Mitsotakis: Foreign Forces Must Leave Libya – Al Marsad

Greek Prime Minister Kyriakos Mitsotakis expressed his deep appreciation for the Prime Minister of the interim Government of National Unity (GNU), Abdul Hamid Dbaiba’s invitation visit him in Libya.

(Libya, 7 April 2021) – During the joint press conference on Tuesday in Tripoli, in which the Greech Prime Minister Kyriakos Mitsotakis congratulated the inauguration of the new interim government in in Libya and the new bilateral relations with Greece, and the discussions that followed the phone call between him and Dbaiba ahead of the official visit.


Mitsotakis said that the acceptance of the invitation to visit Libya was important because it marks the resumption of the work of the Greek Embassy in Tripoli, which represents a milestone and a dynamic resumption of Greek-Libyan cooperation, and to deliver a message of support for efforts to build peace and progress in Libya.

He also explained that his country will stand by Libya within the framework of the European Union or through the United Nations in the way of achieving fair elections, a normal political life and rebuilding Libya, away from foreign armies and interests. The only criterion is security and prosperity in the neighbourhood and in the Mediterranean.

Mitsotakis expressed that the time has come to leave all that led to the turbulence of bilateral relations during the past period. The resumption of the work of the embassy in Tripoli will be followed by the opening of the Consulate General in Benghazi, which will work to develop cooperation between Libya and Greece in all areas at a fast pace.


He referred to developments in recent decades that have curtailed economic relations, at a time when the presence of Greek businessmen in Libya has never ceased, which means that the stability of the political situation in the country will increase all important activities for both countries.

In his discussions with Dbaiba, Mitsotakis spoke about the prospects for cooperation between Libya and Greece in several sectors, such as energy, construction, maritime transport, health and security, while emphasizing that there are other areas that can be done more to strengthen them, including tourism, education and culture.
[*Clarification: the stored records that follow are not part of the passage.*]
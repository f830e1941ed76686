-- ===== src/Mesh/Ports.antt =====
-- The handlers of the port numbers: the files of
-- meshtastenstein-core/src/domain/handlers/from_radio/ other than mod.rs. Those of text messages,
-- waypoints and remote hardware only log.
use meshtastenstein_rs.Base.{
  ℕ, ◌-◌, ◌*◌, ◌^◌, Bool, false, ◌&&◌, not, Option, none, some, List, [], ◌∷◌, ◌++◌, ◌==◌, ltb,
  if◌then◌else◌, unwrap_or, position, swap_remove, get_elem?,
}
use meshtastenstein_rs.NodeDb.{
  User, NodeDb, update_user, update_pub_key, update_device_metrics, update_position, touch,
}
use meshtastenstein_rs.Router.{learn_route}
use meshtastenstein_rs.Router.Reliable.{PendingPacket}
use meshtastenstein_rs.Message.{TxBuilder}
use meshtastenstein_rs.Proto.{PortNum, RoutingError, RouteDiscovery, Wire}
use meshtastenstein_rs.Mesh.{Moment, MeshCtx}
use meshtastenstein_rs.Mesh.Send.{
  builder, transmit_next, send_nodeinfo, notify_ble_node_update, send_ble_routing_result,
}
use meshtastenstein_rs.Mesh.Admin.{shared_pub_key, on_node_db}

-- constants.rs
abbrev pub nodeinfo_min_interval_ms : ℕ
nodeinfo_min_interval_ms = 300000

-- `InboundPacket`
pub record InboundPacket : Type 0 where
  pub sender : ℕ
  pub packet_id : ℕ
  pub relay_node : ℕ
  pub inner_payload : List ℕ
  pub addressed_to_us : Bool
  pub want_response : Bool
  pub request_id : ℕ
  pub reply_id : ℕ
  pub emoji : ℕ
  pub channel_idx : ℕ
  pub snr : ℕ

-- whether the last introduction is too recent for another
unfoldable pub is_throttled : ℕ → Option ℕ → Bool
is_throttled now none = false
is_throttled now (some last) = ltb (now - last) nodeinfo_min_interval_ms

-- `snr as i32 * 4` for an `i8`, as bit patterns
unfoldable pub quarter_db : ℕ → ℕ
quarter_db snr = if ltb snr 128 then snr * 4 else 2 ^ 32 - (256 - snr) * 4

-- the loop of neighbor_info.rs
unfoldable pub touch_neighbors : {P M : Type 0} → List ℕ → NodeDb P M → NodeDb P M
touch_neighbors {P} {M} [] db = db
touch_neighbors {P} {M} (n ∷ ns) db = touch_neighbors ns (touch n 0 none 0 db)

-- what node_info.rs does to the database
unfoldable pub learn_user : {P M : Type 0} → ℕ → User → NodeDb P M → NodeDb P M
learn_user {P} {M} sender user db = elim (shared_pub_key user) [
  | none ↦ update_user sender user db
  | some key ↦ update_user sender user (update_pub_key sender key db)
]

-- what telemetry.rs does to it
unfoldable pub learn_metrics : {P M : Type 0} → ℕ → Option M → NodeDb P M → NodeDb P M
learn_metrics {P} {M} sender none db = db
learn_metrics {P} {M} sender (some metrics) db = update_device_metrics sender metrics db

-- the waiting packet with the id, and the queue without it
unfoldable pub take_pending : ℕ → List PendingPacket → Option PendingPacket × List PendingPacket
take_pending id pending = elim (position (λ a. a.packet_id == id) pending) [
  | none ↦ (none, pending)
  | some i ↦ (get_elem? pending i, swap_remove i pending)
]

module _ {P M : Type 0} (w : Wire P M) where
  -- the route that traceroute.rs sends back
  unfoldable pub route_reply : InboundPacket → ℕ → RouteDiscovery
  route_reply pkt our =
      let route_disc =
        unwrap_or (w.decode_route pkt.inner_payload) (record { route = []; snr_towards = [] }) in
      record {
        route = route_disc.route ++ (our ∷ []);
        snr_towards = route_disc.snr_towards ++ (quarter_db pkt.snr ∷ []);
      }

  unfoldable pub route_builder : InboundPacket → ℕ → TxBuilder
  route_builder pkt our = record (builder w) {
    dest = pkt.sender;
    portnum = w.port_code PortNum.traceroute_app;
    inner_payload = w.encode_route (route_reply pkt our);
    channel_idx = some pkt.channel_idx;
    request_id = pkt.packet_id;
  }

module _ {P M F : Type 0} (w : Wire P M) where
  -- the answer to the phone that waits for the outcome of a packet
  unfoldable pub report_delivery : Option PendingPacket → MeshCtx P M F → MeshCtx P M F
  report_delivery none ctx = ctx
  report_delivery (some entry) ctx = elim entry.ble_notify [
    | none ↦ ctx
    | some dest ↦ send_ble_routing_result w dest entry.packet_id RoutingError.no_error ctx
  ]

  -- routing.rs, once the payload is a routing message
  unfoldable pub handle_ack : InboundPacket → MeshCtx P M F → MeshCtx P M F
  handle_ack pkt ctx =
      let (entry, waiting) = take_pending pkt.request_id ctx.pending_packets in
      let reported = report_delivery entry (record ctx { pending_packets = waiting }) in
      on_node_db (λ db. (learn_route pkt.sender pkt.relay_node db).0) reported

  unfoldable pub handle_routing : InboundPacket → MeshCtx P M F → MeshCtx P M F
  handle_routing pkt ctx =
      if w.is_routing pkt.inner_payload && not (pkt.request_id == 0)
      then handle_ack pkt ctx
      else ctx

  unfoldable pub handle_position : InboundPacket → MeshCtx P M F → MeshCtx P M F
  handle_position pkt ctx = elim (w.decode_position pkt.inner_payload) [
    | none ↦ ctx
    | some place ↦
        notify_ble_node_update w pkt.sender (on_node_db (update_position pkt.sender place) ctx)
  ]

  unfoldable pub handle_telemetry : InboundPacket → MeshCtx P M F → MeshCtx P M F
  handle_telemetry pkt ctx = elim (w.decode_telemetry pkt.inner_payload) [
    | none ↦ ctx
    | some metrics ↦ on_node_db (learn_metrics pkt.sender metrics) ctx
  ]

  unfoldable pub handle_neighbor_info : InboundPacket → MeshCtx P M F → MeshCtx P M F
  handle_neighbor_info pkt ctx = elim (w.decode_neighbors pkt.inner_payload) [
    | none ↦ ctx
    | some neighbors ↦ on_node_db (touch_neighbors neighbors) ctx
  ]

  unfoldable pub handle_traceroute : InboundPacket → MeshCtx P M F → MeshCtx P M F
  handle_traceroute pkt ctx =
      if pkt.addressed_to_us && pkt.want_response
      then transmit_next w (route_builder w pkt ctx.device.my_node_num) ctx
      else ctx

module _ {P M F : Type 0} (w : Wire P M) (t : Moment) where
  -- the answer of node_info.rs to a request
  unfoldable pub answer_node_info : InboundPacket → MeshCtx P M F → MeshCtx P M F
  answer_node_info pkt ctx =
      if pkt.want_response && not (is_throttled t.now ctx.last_nodeinfo_tx)
      then record (send_nodeinfo w pkt.sender false ctx) { last_nodeinfo_tx = some t.now }
      else ctx

  unfoldable pub handle_node_info : InboundPacket → MeshCtx P M F → MeshCtx P M F
  handle_node_info pkt ctx = elim (w.decode_user pkt.inner_payload) [
    | none ↦ ctx
    | some user ↦
        answer_node_info pkt
          (notify_ble_node_update w pkt.sender (on_node_db (learn_user pkt.sender user) ctx))
  ]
“The priority is the complete return of bilateral cooperation in the field of energy, which can be expanded to include renewable energy sources and electrical interconnection projects. Distinctive opportunities emerge in public and private investment, in light of a traditional link between Libya Greece is defence and security,” said the Greek Prime Minister.


Mitsotakis said, “Our link in defense and security is traditional and we remind you that more than 280 Libyan officers have graduated from Greek Armed Forces schools.” He also mentioned that many Libyan Coast Guard officers, who play a leading role in stopping migratory flows, have been trained and are being trained at the Maritime Prevention Center, which was of geopolitical importance, because the coast guard plays a role in preventing the flow of illegal migration.

He added that this joint cooperation between Libya and Greece has solid roots and a flourishing future, and that the basis of the new phase in relations should be based on frankness and a spirit of dialogue, in particular faith in the principles of international legitimacy, which means erasing former mistakes.


Mitsotakis said the precondition for any progress in Libya’s relations with the EU is the departure of foreign forces and mercenaries from Libya, a request also made by numerous EU countries. He also noted that the issue of maritime zones will affect not only Greek-Libyan relations, but also the North African country’s relations with the European Union. He called on the interim government to scrap an agreement on maritime boundaries signed with Turkey in 2019, which Athens says violates international law.

“And of course for us, it is very important, is the annulment of illegal documents which were presented as supposedly transnational agreements but but have no legal effect, as expressly stated by the European Council,” he added.


He emphasized that the current period has a strong European influence because the visit of the President of the European Council which coincided with the prime ministers of neighbors closest to Libya, Italy and Malta, both of which have concluded valid maritime border agreements. Mitsotakis said friends stand by the Libyans, because the closest European islands to Libya are Gavdos and Crete.

He said that geography determines the framework of bilateral relations and not the artificial lines drawn by some on maps, which means that Libya is not alone accomplishing the goals that lie ahead with hard work. The European Union and its members are present and determined to support Libyans who have suffered a lot.


He pointed out the possibility of joint cooperation to delineate the border between Libya and Greece and to always continue dialogue on the basis of mutual respect for international law; because friendly countries always solve problems, especially since Greek-Libyan relations date back to 2,600 years—to an era in which the people of Santorini traveled and arrived to Libya’s shores.

Mitsotakis concluded by saying that they Greeks had founded Cyrene in Shahhat, then Benghazi and the five Greek cities (the Pentapolis), and planted with Libyans the rare medical plant Silphium that was called the gold of Libya. He said that the gold of the 21st century was peace, cooperation and prosperity.